Stored entries:
-------
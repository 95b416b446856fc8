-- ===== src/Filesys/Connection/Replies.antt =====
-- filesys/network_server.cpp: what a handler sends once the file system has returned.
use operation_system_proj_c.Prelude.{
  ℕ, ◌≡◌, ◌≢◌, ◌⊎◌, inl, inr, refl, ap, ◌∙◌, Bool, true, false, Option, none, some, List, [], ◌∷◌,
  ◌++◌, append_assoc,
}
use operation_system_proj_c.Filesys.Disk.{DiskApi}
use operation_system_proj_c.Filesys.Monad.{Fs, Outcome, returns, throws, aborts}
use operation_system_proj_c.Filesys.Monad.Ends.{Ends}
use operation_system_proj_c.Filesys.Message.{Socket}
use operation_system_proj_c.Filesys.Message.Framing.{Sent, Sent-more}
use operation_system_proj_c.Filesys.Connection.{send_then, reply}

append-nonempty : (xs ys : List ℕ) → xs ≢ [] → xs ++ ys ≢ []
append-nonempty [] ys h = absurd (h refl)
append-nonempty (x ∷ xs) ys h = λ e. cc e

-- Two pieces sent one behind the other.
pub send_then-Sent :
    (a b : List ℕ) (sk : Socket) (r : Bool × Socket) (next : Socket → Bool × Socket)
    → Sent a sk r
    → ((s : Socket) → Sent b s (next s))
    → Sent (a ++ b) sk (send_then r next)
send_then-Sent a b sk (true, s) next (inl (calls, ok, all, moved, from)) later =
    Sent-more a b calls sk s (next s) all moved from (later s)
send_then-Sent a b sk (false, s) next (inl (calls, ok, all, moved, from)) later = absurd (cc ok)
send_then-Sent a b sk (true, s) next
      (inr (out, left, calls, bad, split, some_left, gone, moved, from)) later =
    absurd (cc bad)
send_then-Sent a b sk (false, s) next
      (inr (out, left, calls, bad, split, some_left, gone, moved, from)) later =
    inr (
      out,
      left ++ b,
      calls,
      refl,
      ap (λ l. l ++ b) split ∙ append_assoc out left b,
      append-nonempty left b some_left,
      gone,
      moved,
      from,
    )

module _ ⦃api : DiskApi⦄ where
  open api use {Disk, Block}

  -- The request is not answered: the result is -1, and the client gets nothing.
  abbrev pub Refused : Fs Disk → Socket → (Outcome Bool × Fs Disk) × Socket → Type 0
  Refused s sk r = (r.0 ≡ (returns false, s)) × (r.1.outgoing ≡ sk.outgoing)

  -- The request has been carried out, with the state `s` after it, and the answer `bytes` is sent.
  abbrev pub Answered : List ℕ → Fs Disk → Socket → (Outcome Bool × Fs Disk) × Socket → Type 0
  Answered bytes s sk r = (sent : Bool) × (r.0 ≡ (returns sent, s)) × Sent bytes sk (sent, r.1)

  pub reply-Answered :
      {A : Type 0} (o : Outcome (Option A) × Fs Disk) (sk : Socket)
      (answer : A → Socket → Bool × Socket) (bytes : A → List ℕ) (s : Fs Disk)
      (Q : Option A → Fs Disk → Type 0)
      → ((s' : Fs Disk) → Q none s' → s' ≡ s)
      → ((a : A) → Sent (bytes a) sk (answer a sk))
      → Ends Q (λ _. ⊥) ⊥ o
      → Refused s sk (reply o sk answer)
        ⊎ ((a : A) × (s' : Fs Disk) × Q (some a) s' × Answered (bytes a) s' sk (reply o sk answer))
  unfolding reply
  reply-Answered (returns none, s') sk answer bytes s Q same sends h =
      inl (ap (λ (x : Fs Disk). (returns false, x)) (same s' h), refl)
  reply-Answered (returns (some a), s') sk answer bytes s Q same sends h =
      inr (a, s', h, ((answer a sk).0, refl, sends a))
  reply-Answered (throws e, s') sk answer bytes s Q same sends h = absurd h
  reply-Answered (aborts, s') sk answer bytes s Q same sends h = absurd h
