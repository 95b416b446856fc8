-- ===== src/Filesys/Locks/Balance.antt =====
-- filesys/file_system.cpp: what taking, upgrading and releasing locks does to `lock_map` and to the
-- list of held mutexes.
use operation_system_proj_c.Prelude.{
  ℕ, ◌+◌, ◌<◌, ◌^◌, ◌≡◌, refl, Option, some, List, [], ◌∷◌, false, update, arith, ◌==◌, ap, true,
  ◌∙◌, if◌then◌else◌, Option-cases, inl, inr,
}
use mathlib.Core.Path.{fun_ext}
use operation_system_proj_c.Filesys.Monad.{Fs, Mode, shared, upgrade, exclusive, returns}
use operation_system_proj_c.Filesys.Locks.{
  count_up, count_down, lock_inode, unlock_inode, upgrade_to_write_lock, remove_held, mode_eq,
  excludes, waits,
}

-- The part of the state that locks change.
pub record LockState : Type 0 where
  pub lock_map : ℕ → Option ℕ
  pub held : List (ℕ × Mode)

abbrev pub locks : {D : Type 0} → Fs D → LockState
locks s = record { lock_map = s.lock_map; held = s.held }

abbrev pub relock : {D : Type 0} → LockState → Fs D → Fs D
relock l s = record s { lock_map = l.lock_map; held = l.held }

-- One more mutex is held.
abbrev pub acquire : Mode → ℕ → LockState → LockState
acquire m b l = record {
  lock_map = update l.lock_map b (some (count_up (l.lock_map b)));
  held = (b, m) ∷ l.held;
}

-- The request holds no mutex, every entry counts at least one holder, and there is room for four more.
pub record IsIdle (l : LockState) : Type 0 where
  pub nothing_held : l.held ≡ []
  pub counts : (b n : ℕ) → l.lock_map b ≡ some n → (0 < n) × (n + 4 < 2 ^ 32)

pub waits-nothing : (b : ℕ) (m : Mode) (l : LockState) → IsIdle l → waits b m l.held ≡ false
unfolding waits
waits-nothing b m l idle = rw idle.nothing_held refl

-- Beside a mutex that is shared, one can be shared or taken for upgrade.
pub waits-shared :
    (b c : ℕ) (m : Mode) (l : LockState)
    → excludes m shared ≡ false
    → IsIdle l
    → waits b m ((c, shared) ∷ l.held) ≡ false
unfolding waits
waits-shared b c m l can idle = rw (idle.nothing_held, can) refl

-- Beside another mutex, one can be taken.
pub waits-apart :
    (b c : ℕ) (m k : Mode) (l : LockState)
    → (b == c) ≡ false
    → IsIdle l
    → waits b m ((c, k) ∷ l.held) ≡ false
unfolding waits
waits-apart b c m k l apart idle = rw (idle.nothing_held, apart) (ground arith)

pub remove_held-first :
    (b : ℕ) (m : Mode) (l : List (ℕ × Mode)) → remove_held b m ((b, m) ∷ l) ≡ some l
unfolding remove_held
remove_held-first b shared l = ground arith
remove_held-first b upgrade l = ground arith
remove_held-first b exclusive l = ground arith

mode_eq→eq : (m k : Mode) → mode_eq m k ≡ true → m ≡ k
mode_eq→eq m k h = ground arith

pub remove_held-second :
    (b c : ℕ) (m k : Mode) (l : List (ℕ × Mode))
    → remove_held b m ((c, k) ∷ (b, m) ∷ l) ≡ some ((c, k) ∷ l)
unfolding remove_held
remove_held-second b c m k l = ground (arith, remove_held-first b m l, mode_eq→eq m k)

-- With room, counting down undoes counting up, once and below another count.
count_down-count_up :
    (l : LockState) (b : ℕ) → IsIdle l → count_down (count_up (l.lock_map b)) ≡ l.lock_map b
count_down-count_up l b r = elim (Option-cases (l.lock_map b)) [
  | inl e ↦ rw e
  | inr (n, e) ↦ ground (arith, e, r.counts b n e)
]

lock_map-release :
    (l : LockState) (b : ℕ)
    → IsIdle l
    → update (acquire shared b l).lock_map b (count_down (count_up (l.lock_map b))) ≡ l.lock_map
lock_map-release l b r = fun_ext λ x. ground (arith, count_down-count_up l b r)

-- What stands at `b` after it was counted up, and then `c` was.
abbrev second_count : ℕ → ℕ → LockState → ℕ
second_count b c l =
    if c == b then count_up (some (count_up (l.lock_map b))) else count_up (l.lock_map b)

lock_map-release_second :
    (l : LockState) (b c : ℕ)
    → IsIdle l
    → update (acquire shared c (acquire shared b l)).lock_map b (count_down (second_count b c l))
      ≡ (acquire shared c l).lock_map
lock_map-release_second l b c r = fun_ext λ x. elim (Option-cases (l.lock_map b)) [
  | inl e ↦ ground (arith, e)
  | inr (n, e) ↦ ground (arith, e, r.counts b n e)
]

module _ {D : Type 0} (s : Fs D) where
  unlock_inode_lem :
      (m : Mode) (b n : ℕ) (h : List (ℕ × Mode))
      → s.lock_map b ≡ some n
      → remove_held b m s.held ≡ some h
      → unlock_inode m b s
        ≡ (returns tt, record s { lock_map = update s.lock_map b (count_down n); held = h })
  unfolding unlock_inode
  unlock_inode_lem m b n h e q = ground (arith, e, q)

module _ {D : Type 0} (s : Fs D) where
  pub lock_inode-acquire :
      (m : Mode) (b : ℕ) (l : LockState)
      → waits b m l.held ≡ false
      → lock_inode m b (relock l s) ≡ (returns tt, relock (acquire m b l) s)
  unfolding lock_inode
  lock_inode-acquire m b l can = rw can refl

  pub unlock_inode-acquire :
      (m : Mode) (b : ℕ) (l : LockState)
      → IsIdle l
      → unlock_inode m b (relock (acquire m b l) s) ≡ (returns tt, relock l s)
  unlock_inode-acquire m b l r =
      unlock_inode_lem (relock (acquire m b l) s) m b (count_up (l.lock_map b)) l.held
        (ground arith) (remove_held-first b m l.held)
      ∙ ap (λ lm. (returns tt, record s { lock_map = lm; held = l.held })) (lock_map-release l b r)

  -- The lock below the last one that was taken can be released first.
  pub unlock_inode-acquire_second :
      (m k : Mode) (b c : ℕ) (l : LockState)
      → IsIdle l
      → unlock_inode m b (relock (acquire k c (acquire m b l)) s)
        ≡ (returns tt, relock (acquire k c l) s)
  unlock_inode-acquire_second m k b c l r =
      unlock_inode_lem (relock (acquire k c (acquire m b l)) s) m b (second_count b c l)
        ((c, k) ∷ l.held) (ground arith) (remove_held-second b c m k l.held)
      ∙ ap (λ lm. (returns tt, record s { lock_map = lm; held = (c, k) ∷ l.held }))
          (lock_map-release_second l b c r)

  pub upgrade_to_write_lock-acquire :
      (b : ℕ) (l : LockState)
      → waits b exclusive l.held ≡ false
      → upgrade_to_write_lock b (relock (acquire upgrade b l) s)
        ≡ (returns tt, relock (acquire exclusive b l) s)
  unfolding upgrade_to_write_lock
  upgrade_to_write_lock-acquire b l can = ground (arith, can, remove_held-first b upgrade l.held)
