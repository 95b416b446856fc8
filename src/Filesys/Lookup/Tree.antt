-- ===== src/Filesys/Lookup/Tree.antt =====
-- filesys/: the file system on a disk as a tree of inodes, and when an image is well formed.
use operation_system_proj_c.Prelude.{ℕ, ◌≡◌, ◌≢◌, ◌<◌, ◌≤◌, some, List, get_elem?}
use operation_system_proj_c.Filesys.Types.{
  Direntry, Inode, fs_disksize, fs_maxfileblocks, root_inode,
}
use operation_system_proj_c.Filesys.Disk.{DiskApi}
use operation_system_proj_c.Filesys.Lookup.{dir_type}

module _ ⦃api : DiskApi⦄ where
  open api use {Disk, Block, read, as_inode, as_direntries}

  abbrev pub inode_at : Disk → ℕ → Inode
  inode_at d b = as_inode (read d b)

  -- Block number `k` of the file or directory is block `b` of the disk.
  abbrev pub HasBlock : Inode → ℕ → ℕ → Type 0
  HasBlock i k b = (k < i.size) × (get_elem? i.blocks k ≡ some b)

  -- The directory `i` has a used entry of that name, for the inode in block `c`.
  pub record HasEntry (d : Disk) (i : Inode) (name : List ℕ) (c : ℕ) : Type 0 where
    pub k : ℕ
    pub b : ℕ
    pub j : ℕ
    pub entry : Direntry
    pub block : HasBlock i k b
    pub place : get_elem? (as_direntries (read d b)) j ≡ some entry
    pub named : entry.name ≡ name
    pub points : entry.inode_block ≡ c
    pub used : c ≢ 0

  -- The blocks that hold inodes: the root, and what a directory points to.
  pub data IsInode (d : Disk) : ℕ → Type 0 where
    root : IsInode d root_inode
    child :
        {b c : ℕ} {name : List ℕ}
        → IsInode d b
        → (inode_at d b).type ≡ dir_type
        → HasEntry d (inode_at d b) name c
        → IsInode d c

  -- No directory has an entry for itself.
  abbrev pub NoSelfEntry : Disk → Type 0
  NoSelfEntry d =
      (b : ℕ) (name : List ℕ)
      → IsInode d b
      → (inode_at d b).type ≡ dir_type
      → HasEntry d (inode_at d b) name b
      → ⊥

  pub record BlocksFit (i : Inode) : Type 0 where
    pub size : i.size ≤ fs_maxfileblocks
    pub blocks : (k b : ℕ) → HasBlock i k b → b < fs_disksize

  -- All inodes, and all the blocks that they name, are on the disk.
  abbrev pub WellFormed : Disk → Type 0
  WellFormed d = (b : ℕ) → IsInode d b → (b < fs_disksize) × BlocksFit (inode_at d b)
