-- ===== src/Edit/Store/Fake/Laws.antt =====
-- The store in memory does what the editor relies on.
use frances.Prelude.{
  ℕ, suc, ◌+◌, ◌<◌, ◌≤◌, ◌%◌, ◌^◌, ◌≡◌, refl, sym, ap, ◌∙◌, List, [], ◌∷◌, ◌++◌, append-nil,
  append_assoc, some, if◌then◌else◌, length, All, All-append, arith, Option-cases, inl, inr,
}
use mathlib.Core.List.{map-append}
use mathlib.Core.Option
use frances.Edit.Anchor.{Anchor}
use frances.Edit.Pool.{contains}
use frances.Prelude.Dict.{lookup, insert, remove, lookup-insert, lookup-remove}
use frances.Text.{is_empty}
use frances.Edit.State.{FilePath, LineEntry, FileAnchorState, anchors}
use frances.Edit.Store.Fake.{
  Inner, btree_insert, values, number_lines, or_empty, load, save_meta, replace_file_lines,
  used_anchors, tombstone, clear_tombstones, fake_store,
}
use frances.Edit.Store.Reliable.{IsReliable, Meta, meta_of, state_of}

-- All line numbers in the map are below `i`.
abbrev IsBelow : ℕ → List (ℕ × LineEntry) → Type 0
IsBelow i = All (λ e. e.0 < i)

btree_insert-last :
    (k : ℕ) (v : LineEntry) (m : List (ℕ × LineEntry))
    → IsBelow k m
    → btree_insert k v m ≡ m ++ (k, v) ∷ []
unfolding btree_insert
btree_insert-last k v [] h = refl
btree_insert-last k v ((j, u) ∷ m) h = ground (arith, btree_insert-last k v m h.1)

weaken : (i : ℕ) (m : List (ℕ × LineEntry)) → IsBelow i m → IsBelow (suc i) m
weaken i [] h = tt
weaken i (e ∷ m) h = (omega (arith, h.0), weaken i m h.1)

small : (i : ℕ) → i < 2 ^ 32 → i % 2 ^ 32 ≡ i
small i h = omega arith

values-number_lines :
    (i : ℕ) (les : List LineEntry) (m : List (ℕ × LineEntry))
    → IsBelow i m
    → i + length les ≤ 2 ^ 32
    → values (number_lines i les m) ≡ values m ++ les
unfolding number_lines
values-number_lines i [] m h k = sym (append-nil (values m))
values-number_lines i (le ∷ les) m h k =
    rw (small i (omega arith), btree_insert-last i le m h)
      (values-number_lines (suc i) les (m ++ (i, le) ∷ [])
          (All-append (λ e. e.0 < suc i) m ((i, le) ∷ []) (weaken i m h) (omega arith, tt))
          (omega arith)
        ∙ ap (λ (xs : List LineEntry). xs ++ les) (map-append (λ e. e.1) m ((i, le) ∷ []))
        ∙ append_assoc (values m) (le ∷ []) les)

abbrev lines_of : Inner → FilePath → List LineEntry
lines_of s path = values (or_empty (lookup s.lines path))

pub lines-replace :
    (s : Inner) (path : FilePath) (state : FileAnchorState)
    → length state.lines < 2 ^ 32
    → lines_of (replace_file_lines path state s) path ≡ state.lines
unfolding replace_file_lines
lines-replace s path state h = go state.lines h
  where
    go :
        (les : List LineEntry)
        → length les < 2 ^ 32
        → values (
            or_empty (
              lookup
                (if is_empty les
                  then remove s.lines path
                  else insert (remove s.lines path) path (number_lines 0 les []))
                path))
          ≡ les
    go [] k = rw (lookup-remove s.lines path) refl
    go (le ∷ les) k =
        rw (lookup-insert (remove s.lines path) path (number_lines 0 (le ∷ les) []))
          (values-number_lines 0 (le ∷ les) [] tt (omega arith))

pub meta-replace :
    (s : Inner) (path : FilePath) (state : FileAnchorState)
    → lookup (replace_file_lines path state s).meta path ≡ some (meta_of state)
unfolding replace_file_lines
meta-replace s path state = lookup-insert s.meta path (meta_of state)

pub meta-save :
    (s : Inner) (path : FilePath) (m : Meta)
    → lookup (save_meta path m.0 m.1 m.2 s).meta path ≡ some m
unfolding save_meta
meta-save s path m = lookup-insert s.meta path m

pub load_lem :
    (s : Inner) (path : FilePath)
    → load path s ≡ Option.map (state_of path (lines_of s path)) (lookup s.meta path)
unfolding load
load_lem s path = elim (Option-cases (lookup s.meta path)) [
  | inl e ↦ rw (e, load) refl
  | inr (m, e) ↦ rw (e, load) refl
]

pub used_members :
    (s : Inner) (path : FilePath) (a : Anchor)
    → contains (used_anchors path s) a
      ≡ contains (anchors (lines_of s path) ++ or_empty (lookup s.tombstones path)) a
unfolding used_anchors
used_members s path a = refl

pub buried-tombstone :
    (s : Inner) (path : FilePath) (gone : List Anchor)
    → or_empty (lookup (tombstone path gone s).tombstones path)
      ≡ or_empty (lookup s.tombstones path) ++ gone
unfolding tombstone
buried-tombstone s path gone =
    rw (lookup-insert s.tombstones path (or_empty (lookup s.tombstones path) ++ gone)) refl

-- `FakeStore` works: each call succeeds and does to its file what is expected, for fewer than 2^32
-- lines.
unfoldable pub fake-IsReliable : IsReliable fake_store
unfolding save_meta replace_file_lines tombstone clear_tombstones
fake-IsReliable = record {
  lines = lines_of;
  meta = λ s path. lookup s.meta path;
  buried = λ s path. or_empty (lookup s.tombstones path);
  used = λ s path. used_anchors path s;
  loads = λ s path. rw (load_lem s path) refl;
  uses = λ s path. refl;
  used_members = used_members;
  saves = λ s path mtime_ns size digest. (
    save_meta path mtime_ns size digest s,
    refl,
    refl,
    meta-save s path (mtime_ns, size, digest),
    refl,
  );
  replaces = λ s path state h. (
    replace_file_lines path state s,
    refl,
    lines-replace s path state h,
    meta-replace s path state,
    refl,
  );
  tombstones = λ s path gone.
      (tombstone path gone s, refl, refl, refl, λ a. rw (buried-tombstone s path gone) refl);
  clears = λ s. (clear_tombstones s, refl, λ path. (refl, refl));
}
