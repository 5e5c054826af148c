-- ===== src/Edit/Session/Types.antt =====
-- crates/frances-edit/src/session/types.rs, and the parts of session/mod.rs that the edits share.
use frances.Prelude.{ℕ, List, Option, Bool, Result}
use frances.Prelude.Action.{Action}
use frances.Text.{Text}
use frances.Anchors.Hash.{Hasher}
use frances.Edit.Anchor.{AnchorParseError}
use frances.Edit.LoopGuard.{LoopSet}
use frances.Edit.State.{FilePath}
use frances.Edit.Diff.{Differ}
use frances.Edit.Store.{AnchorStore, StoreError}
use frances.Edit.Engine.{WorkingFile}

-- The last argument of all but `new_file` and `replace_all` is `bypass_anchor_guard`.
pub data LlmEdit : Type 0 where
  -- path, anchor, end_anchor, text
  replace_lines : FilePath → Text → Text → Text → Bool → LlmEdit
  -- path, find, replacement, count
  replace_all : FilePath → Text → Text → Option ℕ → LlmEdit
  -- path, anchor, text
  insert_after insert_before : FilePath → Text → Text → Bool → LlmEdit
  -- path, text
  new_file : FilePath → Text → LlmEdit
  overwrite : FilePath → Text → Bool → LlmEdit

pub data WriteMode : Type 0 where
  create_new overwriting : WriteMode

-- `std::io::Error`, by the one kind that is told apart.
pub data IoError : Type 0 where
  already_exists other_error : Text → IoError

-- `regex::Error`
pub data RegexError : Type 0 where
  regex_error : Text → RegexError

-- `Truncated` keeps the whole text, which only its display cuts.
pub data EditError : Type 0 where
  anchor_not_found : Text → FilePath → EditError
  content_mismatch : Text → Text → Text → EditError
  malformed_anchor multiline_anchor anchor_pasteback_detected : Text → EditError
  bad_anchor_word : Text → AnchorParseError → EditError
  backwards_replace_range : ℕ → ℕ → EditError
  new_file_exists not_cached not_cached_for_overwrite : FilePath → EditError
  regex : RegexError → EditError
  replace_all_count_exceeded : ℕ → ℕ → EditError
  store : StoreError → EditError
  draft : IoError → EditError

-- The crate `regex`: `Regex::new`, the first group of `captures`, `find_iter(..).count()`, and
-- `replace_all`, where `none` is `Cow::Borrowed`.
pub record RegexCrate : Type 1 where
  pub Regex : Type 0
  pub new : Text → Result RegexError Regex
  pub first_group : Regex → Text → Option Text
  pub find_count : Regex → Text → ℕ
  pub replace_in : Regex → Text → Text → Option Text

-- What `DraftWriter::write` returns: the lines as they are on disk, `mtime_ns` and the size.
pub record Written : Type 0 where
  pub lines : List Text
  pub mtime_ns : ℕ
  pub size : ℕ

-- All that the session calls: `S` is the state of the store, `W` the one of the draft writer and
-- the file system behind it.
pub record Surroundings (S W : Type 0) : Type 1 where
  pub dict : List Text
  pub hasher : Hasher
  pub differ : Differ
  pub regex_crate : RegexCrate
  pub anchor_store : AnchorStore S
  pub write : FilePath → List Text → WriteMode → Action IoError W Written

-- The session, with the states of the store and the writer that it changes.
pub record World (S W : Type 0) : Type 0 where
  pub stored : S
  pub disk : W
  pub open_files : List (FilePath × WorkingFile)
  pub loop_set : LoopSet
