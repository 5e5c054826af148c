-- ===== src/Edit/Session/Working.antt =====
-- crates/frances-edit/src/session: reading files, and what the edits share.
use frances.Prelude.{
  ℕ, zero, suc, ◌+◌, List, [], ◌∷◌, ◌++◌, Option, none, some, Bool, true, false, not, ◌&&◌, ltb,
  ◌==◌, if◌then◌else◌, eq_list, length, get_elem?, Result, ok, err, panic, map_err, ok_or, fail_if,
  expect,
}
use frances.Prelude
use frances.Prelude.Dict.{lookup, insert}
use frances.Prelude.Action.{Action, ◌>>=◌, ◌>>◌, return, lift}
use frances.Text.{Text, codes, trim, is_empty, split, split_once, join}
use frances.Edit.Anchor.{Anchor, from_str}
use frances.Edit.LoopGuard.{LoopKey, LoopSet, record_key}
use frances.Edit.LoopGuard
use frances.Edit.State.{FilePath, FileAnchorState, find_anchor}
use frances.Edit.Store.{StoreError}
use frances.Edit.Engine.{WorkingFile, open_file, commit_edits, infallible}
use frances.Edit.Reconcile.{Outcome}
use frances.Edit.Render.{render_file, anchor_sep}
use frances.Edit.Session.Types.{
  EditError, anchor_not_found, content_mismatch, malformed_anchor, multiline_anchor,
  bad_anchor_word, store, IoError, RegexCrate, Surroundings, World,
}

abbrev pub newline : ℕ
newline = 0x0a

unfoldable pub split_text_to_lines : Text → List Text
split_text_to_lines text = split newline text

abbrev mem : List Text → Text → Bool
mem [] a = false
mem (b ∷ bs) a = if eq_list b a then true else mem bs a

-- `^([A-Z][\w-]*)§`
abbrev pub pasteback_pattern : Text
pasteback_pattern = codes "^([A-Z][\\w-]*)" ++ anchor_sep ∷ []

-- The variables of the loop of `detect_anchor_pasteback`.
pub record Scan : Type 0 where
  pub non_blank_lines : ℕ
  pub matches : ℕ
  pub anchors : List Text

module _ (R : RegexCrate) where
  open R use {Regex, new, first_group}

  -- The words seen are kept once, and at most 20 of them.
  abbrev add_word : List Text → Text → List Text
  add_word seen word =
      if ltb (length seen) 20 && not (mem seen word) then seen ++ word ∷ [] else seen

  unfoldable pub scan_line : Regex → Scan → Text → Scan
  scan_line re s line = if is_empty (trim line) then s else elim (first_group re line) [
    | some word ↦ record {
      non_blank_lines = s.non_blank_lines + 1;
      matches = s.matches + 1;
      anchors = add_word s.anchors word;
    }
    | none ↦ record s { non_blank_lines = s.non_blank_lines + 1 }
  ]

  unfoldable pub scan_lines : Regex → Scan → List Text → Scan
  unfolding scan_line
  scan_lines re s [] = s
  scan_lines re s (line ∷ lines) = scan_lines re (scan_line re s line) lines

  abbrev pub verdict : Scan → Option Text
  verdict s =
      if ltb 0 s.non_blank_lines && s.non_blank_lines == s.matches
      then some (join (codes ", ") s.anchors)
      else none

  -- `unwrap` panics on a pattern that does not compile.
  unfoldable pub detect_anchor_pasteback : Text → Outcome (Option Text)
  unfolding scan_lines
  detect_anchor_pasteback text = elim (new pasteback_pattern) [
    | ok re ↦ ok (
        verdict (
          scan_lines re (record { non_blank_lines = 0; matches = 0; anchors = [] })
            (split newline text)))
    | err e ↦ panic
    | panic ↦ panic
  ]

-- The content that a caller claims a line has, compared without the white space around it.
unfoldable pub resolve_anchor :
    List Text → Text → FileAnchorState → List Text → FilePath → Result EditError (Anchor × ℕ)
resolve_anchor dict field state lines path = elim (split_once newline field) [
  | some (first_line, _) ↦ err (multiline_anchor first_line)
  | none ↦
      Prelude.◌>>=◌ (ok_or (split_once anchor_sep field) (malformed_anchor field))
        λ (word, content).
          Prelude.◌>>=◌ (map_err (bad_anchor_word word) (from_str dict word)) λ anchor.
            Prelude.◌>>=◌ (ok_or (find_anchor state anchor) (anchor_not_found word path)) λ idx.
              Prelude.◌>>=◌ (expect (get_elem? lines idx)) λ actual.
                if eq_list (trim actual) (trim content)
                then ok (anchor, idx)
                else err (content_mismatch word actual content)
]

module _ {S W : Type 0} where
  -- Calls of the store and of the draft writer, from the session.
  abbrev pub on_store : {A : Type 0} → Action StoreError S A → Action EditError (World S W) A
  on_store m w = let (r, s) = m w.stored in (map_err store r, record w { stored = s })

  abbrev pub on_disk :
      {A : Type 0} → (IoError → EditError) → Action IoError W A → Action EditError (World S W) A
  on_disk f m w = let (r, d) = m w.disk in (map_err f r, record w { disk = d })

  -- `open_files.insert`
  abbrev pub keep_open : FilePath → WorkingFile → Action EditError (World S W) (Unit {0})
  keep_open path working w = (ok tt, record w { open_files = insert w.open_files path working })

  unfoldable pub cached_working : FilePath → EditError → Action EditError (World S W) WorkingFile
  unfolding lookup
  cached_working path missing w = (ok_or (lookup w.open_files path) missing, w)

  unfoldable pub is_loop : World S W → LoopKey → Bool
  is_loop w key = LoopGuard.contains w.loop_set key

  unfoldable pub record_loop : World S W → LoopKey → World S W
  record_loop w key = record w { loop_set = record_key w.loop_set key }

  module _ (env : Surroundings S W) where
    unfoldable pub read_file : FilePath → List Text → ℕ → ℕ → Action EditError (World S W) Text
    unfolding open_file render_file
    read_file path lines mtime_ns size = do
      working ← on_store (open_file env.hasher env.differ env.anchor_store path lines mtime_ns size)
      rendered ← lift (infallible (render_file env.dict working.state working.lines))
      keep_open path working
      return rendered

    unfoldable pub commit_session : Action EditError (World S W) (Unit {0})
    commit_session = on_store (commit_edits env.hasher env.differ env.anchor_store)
-------
- _About this task_:
Your answer should be the exact lines above from the one with "mem [] a = false" through the one with "-- The words", both included, and nothing besides.

- _Exercise result_:
mem [] a = false
mem (b ∷ bs) a = if eq_list b a then true else mem bs a

-- `^([A-Z][\w-]*)§`
abbrev pub pasteback_pattern : Text
pasteback_pattern = codes "^([A-Z][\\w-]*)" ++ anchor_sep ∷ []

-- The variables of the loop of `detect_anchor_pasteback`.
pub record Scan : Type 0 where
  pub non_blank_lines : ℕ
  pub matches : ℕ
  pub anchors : List Text

module _ (R : RegexCrate) where
  open R use {Regex, new, first_group}

  -- The words seen are kept once, and at most 20 of them.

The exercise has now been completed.